USC/NYU—A new study calls into question the idea that “fatherless” children are necessarily at a disadvantage or that men provide a different, indispensable set of parenting skills than women.
Both premises have been used in the fight against same-sex marriage and same-sex adoptions, but the study finds there are far more similarities than differences among children of lesbian parents and heterosexual couples.
“Significant policy decisions have been swayed by the misconception across party lines that children need both a mother and a father.
“Yet, there is almost no social science research to support this claim,” argues Timothy Biblarz, associate professor sociology at the University of Southern California. “One problem is that proponents of this view routinely ignore research on same-gender parents.”

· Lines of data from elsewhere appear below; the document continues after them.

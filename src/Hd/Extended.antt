-- ===== src/Hd/Extended.antt =====
-- The loop over an extended partition in kernel/modules/hd/hd.c.
use omocha_os.Base.{
  ℕ, zero, suc, ◌+◌, ◌-◌, ◌*◌, ◌<◌, ◌≤◌, ◌≡◌, refl, ◌∙◌, ◌⊎◌, inl, inr, arith, ◌≢◌, ◌%◌, ◌^◌,
  ℕ_discrete,
}
use omocha_os.Core.Process.{update}
use omocha_os.Core.Run.{Run, ok}
use omocha_os.Hd.{
  PartInfo, HdInfo, part_table_read, part_of, set_primary, set_logical, extended_parts,
  init_extended,
}

-- Slot `s` is not among the `n` from `slot` on.
abbrev pub IsOutside : (s slot n : ℕ) → Type 0
IsOutside s slot n = (s < slot) ⊎ (slot + n ≤ s)

abbrev pub Extended : Run HdInfo → HdInfo → (slot n : ℕ) → Type 0
Extended run info slot n =
    (last : HdInfo) × (run ≡ ok last)
    × (last.primary ≡ info.primary)
    × ((s : ℕ) → IsOutside s slot n → last.logical s ≡ info.logical s)

pub update-other : {A : Type 0} → (f : ℕ → A) (k s : ℕ) (v : A) → (s ≢ k) → update f k v s ≡ f s
update-other f k s v h = ground (arith, h)

set_logical_lem :
    (info : HdInfo) (i : ℕ) (p : PartInfo)
    → i < 64
    → set_logical info i p ≡ ok (record info { logical = update (info.logical) i p })
unfolding set_logical
set_logical_lem info i p h = ground arith

pub set_primary_lem :
    (info : HdInfo) (i : ℕ) (p : PartInfo)
    → i < 5
    → set_primary info i p ≡ ok (record info { primary = update (info.primary) i p })
unfolding set_primary
set_primary_lem info i p h = ground arith

pub update-same : {A : Type 0} → (f : ℕ → A) (k : ℕ) (v : A) → update f k v k ≡ v
update-same f k v = ground arith

apart : (s slot n : ℕ) → IsOutside s slot (suc n) → s ≢ slot
apart s slot n (inl h) q = omega arith
apart s slot n (inr h) q = omega arith

narrower : (s slot n : ℕ) → IsOutside s slot (suc n) → IsOutside s (slot + 1) n
narrower s slot n (inl h) = inl (omega arith)
narrower s slot n (inr h) = inr (omega arith)

extended_parts_lem :
    (n : ℕ) (disk : ℕ → ℕ → ℕ) (info : HdInfo) (ext_base slot sect : ℕ)
    → slot + n ≤ 64
    → Extended (extended_parts n disk info ext_base slot sect) info slot n
unfolding extended_parts
extended_parts_lem zero disk info ext_base slot sect h = (info, refl, refl, λ s o. refl)
extended_parts_lem (suc n) disk info ext_base slot sect h =
    let first = part_table_read disk sect 0 in
    let second = part_table_read disk sect 1 in
    let p = part_of first ((sect + first.lba_begin) % 2 ^ 32) in
    let next : HdInfo = record info { logical = update (info.logical) slot p } in
    let wrote : set_logical info slot p ≡ ok next = set_logical_lem info slot p (omega arith) in
    let kept : (s : ℕ) → IsOutside s slot (suc n) → next.logical s ≡ info.logical s =
      λ s o. update-other (info.logical) slot s p (apart s slot n o) in
    rw wrote (elim (ℕ_discrete (second.entry_fsid) 0) [
      | yes end ↦ (next, ground (arith, end), refl, kept)
      | no more ↦
          let (last, done, same, outside) =
            extended_parts_lem n disk next ext_base (slot + 1)
              ((ext_base + second.lba_begin) % 2 ^ 32) (omega arith) in
          (
            last,
            ground (arith, more, done),
            same,
            λ s o. outside s (narrower s slot n o) ∙ kept s o,
          )
    ])

pub init_extended_lem :
    (disk : ℕ → ℕ → ℕ) (info : HdInfo) (i : ℕ)
    → i < 4
    → Extended (init_extended disk info (i + 1)) info (i * 16) 16
unfolding init_extended
init_extended_lem disk info i h =
    let base = (info.primary (i + 1)).base in
    let start : (i + 1 - 1) * 16 ≡ i * 16 = omega arith in
    rw start (extended_parts_lem 16 disk info base (i * 16) base (omega arith))
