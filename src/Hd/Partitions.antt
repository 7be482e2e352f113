-- ===== src/Hd/Partitions.antt =====
-- The tables of partitions after kernel/modules/hd/hd.c has read those of the disk.
use omocha_os.Base.{ℕ, zero, suc, ◌+◌, ◌*◌, ◌<◌, ◌≤◌, ◌≡◌, refl, ap, ◌∙◌, arith, ◌≢◌, ℕ_discrete}
use omocha_os.Core.Process.{update}
use omocha_os.Core.Run.{ok}
use omocha_os.Hd.{
  PartInfo, HdInfo, part_table_read, part_of, set_primary, primary_part, primary_parts,
  init_partitions,
}
use omocha_os.Hd.Extended.{IsOutside, update-same, update-other, set_primary_lem, init_extended_lem}

-- Slot `s` belongs to none of the extended partitions from entry `i` on.
abbrev pub IsUnused : (disk : ℕ → ℕ → ℕ) (i s : ℕ) → Type 0
IsUnused disk i s =
    (j : ℕ) → i ≤ j → j < 4 → (part_table_read disk 0 j).entry_fsid ≡ 5 → IsOutside s (j * 16) 16

-- The state after entry `i`, which is not empty.
abbrev Entered : (disk : ℕ → ℕ → ℕ) → HdInfo → (i : ℕ) → HdInfo → Type 0
Entered disk info i last =
    ((j : ℕ) → j ≤ i → last.primary j ≡ info.primary j)
    × (last.primary (i + 1)
        ≡ part_of (part_table_read disk 0 i) ((part_table_read disk 0 i).lba_begin))
    × ((s : ℕ) → IsUnused disk i s → last.logical s ≡ info.logical s)

primary_part_lem :
    (disk : ℕ → ℕ → ℕ) (info : HdInfo) (i count : ℕ)
    → i < 4
    → (part_table_read disk 0 i).entry_fsid ≢ 0
    → (last : HdInfo) × (primary_part disk info i count ≡ ok (last, count + 1))
      × Entered disk info i last
unfolding primary_part
primary_part_lem disk info i count h used =
    let e = part_table_read disk 0 i in
    let p = part_of e (e.lba_begin) in
    let next : HdInfo = record info { primary = update (info.primary) (i + 1) p } in
    let wrote : set_primary info (i + 1) p ≡ ok next =
      set_primary_lem info (i + 1) p (omega arith) in
    let before : (j : ℕ) → j ≤ i → next.primary j ≡ info.primary j =
      λ j l. update-other (info.primary) (i + 1) j p (λ q. absurd (omega arith)) in
    let here : next.primary (i + 1) ≡ p = update-same (info.primary) (i + 1) p in
    elim (ℕ_discrete (e.entry_fsid) 5) [
      | yes extended ↦
          let (last, done, same, outside) = init_extended_lem disk next i h in
          (
            last,
            ground (arith, used, wrote, extended, done),
            (
              λ j l. ap (λ (t : ℕ → PartInfo). t j) same ∙ before j l,
              ap (λ (t : ℕ → PartInfo). t (i + 1)) same ∙ here,
              λ s u. outside s (u i (omega arith) h extended),
            ),
          )
      | no other ↦ (next, ground (arith, used, wrote, other), (before, here, λ s u. refl))
    ]

primary_part-empty :
    (disk : ℕ → ℕ → ℕ) (info : HdInfo) (i count : ℕ)
    → (part_table_read disk 0 i).entry_fsid ≡ 0
    → primary_part disk info i count ≡ ok (info, count)
unfolding primary_part
primary_part-empty disk info i count empty = ground (arith, empty)

-- The run of the loop from entry `i` on.
abbrev Entries : (disk : ℕ → ℕ → ℕ) → HdInfo → (i count : ℕ) → HdInfo → (total : ℕ) → Type 0
Entries disk info i count last total =
    (count ≤ total)
    × ((j : ℕ)
        → i ≤ j
        → j < 4
        → (part_table_read disk 0 j).entry_fsid ≢ 0
        → (count < total)
          × (last.primary (j + 1)
              ≡ part_of (part_table_read disk 0 j) ((part_table_read disk 0 j).lba_begin)))
    × ((j : ℕ) → j ≤ i → last.primary j ≡ info.primary j)
    × ((s : ℕ) → IsUnused disk i s → last.logical s ≡ info.logical s)

primary_parts_lem :
    (n i : ℕ) (disk : ℕ → ℕ → ℕ) (info : HdInfo) (count : ℕ)
    → i + n ≡ 4
    → (last : HdInfo) × (total : ℕ) × (primary_parts n disk info i count ≡ ok (last, total))
      × Entries disk info i count last total
unfolding primary_parts
primary_parts_lem zero i disk info count h = (
  info,
  count,
  refl,
  (omega arith, (λ j l m used. absurd (omega arith)), (λ j l. refl), λ s u. refl),
)
primary_parts_lem (suc n) i disk info count h =
    elim (ℕ_discrete ((part_table_read disk 0 i).entry_fsid) 0) [
      | yes empty ↦
          let fsid_at = λ (j : ℕ). (part_table_read disk 0 j).entry_fsid in
          let skip = primary_part-empty disk info i count empty in
          let (last, total, done, (more, set, before, outside)) =
            primary_parts_lem n (i + 1) disk info count (omega arith) in
          (
            last,
            total,
            rw skip done,
            (
              more,
              (λ j l m used. elim (ℕ_discrete j i) [
                | yes q ↦ absurd (used (ap fsid_at q ∙ empty))
                | no q ↦ set j (omega arith) m used
              ]),
              (λ j l. before j (omega arith)),
              λ s u. outside s (λ j l. u j (omega arith)),
            ),
          )
      | no used ↦
          let (next, did, (before, here, outside)) =
            primary_part_lem disk info i count (omega arith) used in
          let (last, total, done, (more, set, kept, rest)) =
            primary_parts_lem n (i + 1) disk next (count + 1) (omega arith) in
          (
            last,
            total,
            rw did done,
            (
              omega arith,
              (λ j l m filled. elim (ℕ_discrete j i) [
                | yes q ↦ (omega arith, rw q (kept (i + 1) (omega arith) ∙ here))
                | no q ↦ let (found, same) = set j (omega arith) m filled in (omega arith, same)
              ]),
              (λ j l. kept j (omega arith) ∙ before j l),
              λ s u. rest s (λ j l. u j (omega arith)) ∙ outside s u,
            ),
          )
    ]

-- For any disk and any state of the tables before: the tables are read without an access out of
-- bounds, each primary partition that is not empty has the values of its entry, the whole drive
-- keeps its own, and the logical partitions that belong to no extended one keep theirs.
pub init_partitions-tables :
    (disk : ℕ → ℕ → ℕ) (info : HdInfo)
    → (last : HdInfo) × (init_partitions disk info ≡ ok last)
      × ((j : ℕ)
          → j < 4
          → (part_table_read disk 0 j).entry_fsid ≢ 0
          → last.primary (j + 1)
            ≡ part_of (part_table_read disk 0 j) ((part_table_read disk 0 j).lba_begin))
      × (last.primary 0 ≡ info.primary 0)
      × ((s : ℕ) → IsUnused disk 0 s → last.logical s ≡ info.logical s)
unfolding init_partitions
init_partitions-tables disk info =
    let (last, total, done, (more, set, before, outside)) =
      primary_parts_lem 4 0 disk info 0 refl in
    (
      last,
      ground (arith, done),
      (λ j m filled. (set j (omega arith) m filled).1),
      before 0 (omega arith),
      outside,
    )
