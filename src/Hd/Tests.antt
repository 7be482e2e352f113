-- ===== src/Hd/Tests.antt =====
-- Runs of kernel/modules/hd/hd.c on a small disk.
use omocha_os.Base.{ℕ, ◌+◌, ◌<◌, ◌≡◌, ◌≢◌, refl, ◌==◌, ◌&&◌, if◌then◌else◌}
use omocha_os.Core.Run.{Run, ok, ◌>>=◌}
use omocha_os.Hd.{
  PartInfo, HdInfo, part_table_read, part_of, extended_parts, init_extended, init_partitions,
}
use omocha_os.Hd.{set_primary, set_logical, primary_part, primary_parts}
use omocha_os.Hd.Partitions.{IsUnused, init_partitions-tables}

abbrev no_part : PartInfo
no_part = record { bootable = 0; fsid = 0; base = 0; size = 0 }

abbrev no_parts : HdInfo
no_parts = record { primary = λ i. no_part; logical = λ i. no_part }

-- A FAT32 partition at sector 8, and an extended one at sector 100 with a logical partition that
-- starts two sectors behind its table.
abbrev two_parts : ℕ → ℕ → ℕ
two_parts sect p =
    if sect == 0 && p == 450
    then 12
    else if sect == 0 && p == 454
    then 8
    else if sect == 0 && p == 466
    then 5
    else if sect == 0 && p == 470
    then 100
    else if sect == 100 && p == 450
    then 6
    else if sect == 100 && p == 454
    then 2
    else 0

abbrev base_of : (HdInfo → PartInfo) → Run HdInfo → Run ℕ
base_of part run = run >>= λ info. ok ((part info).base)

primary_base : base_of (λ info. info.primary 1) (init_partitions two_parts no_parts) ≡ ok 8
unfolding init_partitions primary_parts primary_part part_table_read set_primary init_extended
    extended_parts set_logical
primary_base = refl

logical_base : base_of (λ info. info.logical 16) (init_partitions two_parts no_parts) ≡ ok 102
unfolding init_partitions primary_parts primary_part part_table_read set_primary init_extended
    extended_parts set_logical
logical_base = refl

init_partitions-tables_example :
    (last : HdInfo) × (init_partitions two_parts no_parts ≡ ok last)
    × ((j : ℕ)
        → j < 4
        → (part_table_read two_parts 0 j).entry_fsid ≢ 0
        → last.primary (j + 1)
          ≡ part_of (part_table_read two_parts 0 j) ((part_table_read two_parts 0 j).lba_begin))
    × (last.primary 0 ≡ no_parts.primary 0)
    × ((s : ℕ) → IsUnused two_parts 0 s → last.logical s ≡ no_parts.logical s)
init_partitions-tables_example = init_partitions-tables two_parts no_parts
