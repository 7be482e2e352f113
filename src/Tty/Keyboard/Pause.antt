-- ===== src/Tty/Keyboard/Pause.antt =====
-- The Pause key in `kbd_read` of kernel/modules/tty/kbd.c.
use omocha_os.Base.{◌-◌, ◌≤◌, ◌<◌, ◌≡◌, ◌≢◌, refl, Bool, false, some, arith}
use omocha_os.Base.Flags.{has}
use omocha_os.Tty.Buffer.{Buffer, take_byte, read_circular_buffer}
use omocha_os.Tty.Keymap.{keymap}
use omocha_os.Tty.Keyboard.{
  Switches, Keyboard, Scan, scan, scan_pause, match_bytes, pausebrk_scode, key_of, switch_key,
  translate, kbd_read,
}

abbrev nothing : Bool → Scan
nothing make = record { code = 0xE1; key = 0; make = make; e0 = false }

match_bytes-other :
    (b : Buffer)
    → 0 < b.count
    → (take_byte b).0 ≢ 0xE1
    → match_bytes pausebrk_scode b ≡ some (false, (take_byte b).1)
unfolding match_bytes read_circular_buffer
match_bytes-other b some_byte n = ground arith

scan-pause :
    (make : Bool) (b : Buffer)
    → 0 < b.count
    → (take_byte b).0 ≡ 0xE1
    → scan make b ≡ scan_pause make (take_byte b).1
unfolding scan read_circular_buffer
scan-pause make b some_byte e = ground (arith, e)

scan_pause-other :
    (make : Bool) (b : Buffer)
    → 0 < b.count
    → (take_byte b).0 ≢ 0xE1
    → scan_pause make b ≡ some (nothing make, (take_byte b).1)
unfolding scan_pause
scan_pause-other make b some_byte n = rw (match_bytes-other b some_byte n) refl

no_key : (sw : Switches) → key_of sw 0xE1 false ≡ 0
unfolding key_of keymap
no_key sw = ground arith

translate-nothing : (k : Keyboard) (make : Bool) → translate k (nothing make) ≡ (0, k)
unfolding translate switch_key has
translate-nothing k make = rw (no_key k.switches) refl

take_byte-count : (b : Buffer) → (take_byte b).1.count ≡ b.count - 1
unfolding take_byte
take_byte-count b = refl

-- Where the oldest byte in the keyboard's buffer is 0xE1, with which the code of Pause starts, and
-- the next one is another byte, as it is 0x1D in this code, `kbd_read` gives no key: it expects 0xE1
-- a second time, drops both bytes and leaves the rest of the code in the buffer.
kbd_read-pausebreak :
    (make : Bool) (k : Keyboard)
    → 2 ≤ k.buffer.count
    → (take_byte k.buffer).0 ≡ 0xE1
    → (take_byte (take_byte k.buffer).1).0 ≢ 0xE1
    → kbd_read make k ≡ some (0, record k { buffer = (take_byte (take_byte k.buffer).1).1 })
unfolding kbd_read
kbd_read-pausebreak make k two e n =
    let b1 = (take_byte k.buffer).1 in
    let first = scan-pause make k.buffer (omega arith) e in
    let second = scan_pause-other make b1 (omega (arith, take_byte-count k.buffer)) n in
    let third = translate-nothing (record k { buffer = (take_byte b1).1 }) make in
    rw first (rw second (rw third (ground arith)))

Extending their prior work on gender and family, Biblarz and Judith Stacey of New York University analyzed relevant studies about parenting, including available research on single-mother and single-father households, gay male parents, and lesbian parents. The study is the lead article in the February issue of Journal of Marriage and Family.
“That a child needs a male parent and a female parent is so taken for granted that people are uncritical,” Stacey says.
In their analysis, the researchers found no evidence of gender-based parenting abilities, with the “partial exception of lactation,” noting that very little about the gender of the parent has significance for children’s psychological adjustment and social success.
“The social science research that is routinely cited does not actually speak to the questions of whether or not children need both a mother and a father at home,” the study says.
Instead proponents generally cite research that compares (heterosexual two-parent) families with single parents, thus conflating the number with the gender of parents.”
On average, two mothers tended to play with their children more, were less likely to use physical discipline, and were less likely to raise children with chauvinistic attitudes.
Studies of gay male families are still limited.
However, like two heterosexual parents, new parenthood among lesbians increased stress and conflict, exacerbated by general lack of legal recognition of commitment.
Also, lesbian biological mothers typically assumed greater caregiving responsibility than their partners, reflecting inequities among heterosexual couples.
“The bottom line is that the science shows that children raised by two same-gender parents do as well on average as children raised by two different-gender parents, Biblarz says.
“This is obviously inconsistent with the widespread claim that children must be raised by a mother and a father to do well.”
Stacey concludes: “The family type that is best for children is one that has responsible, committed, stable parenting. Two parents are, on average, better than one, but one really good parent is better than two not-so-good ones. The gender of parents only matters in ways that don’t matter.”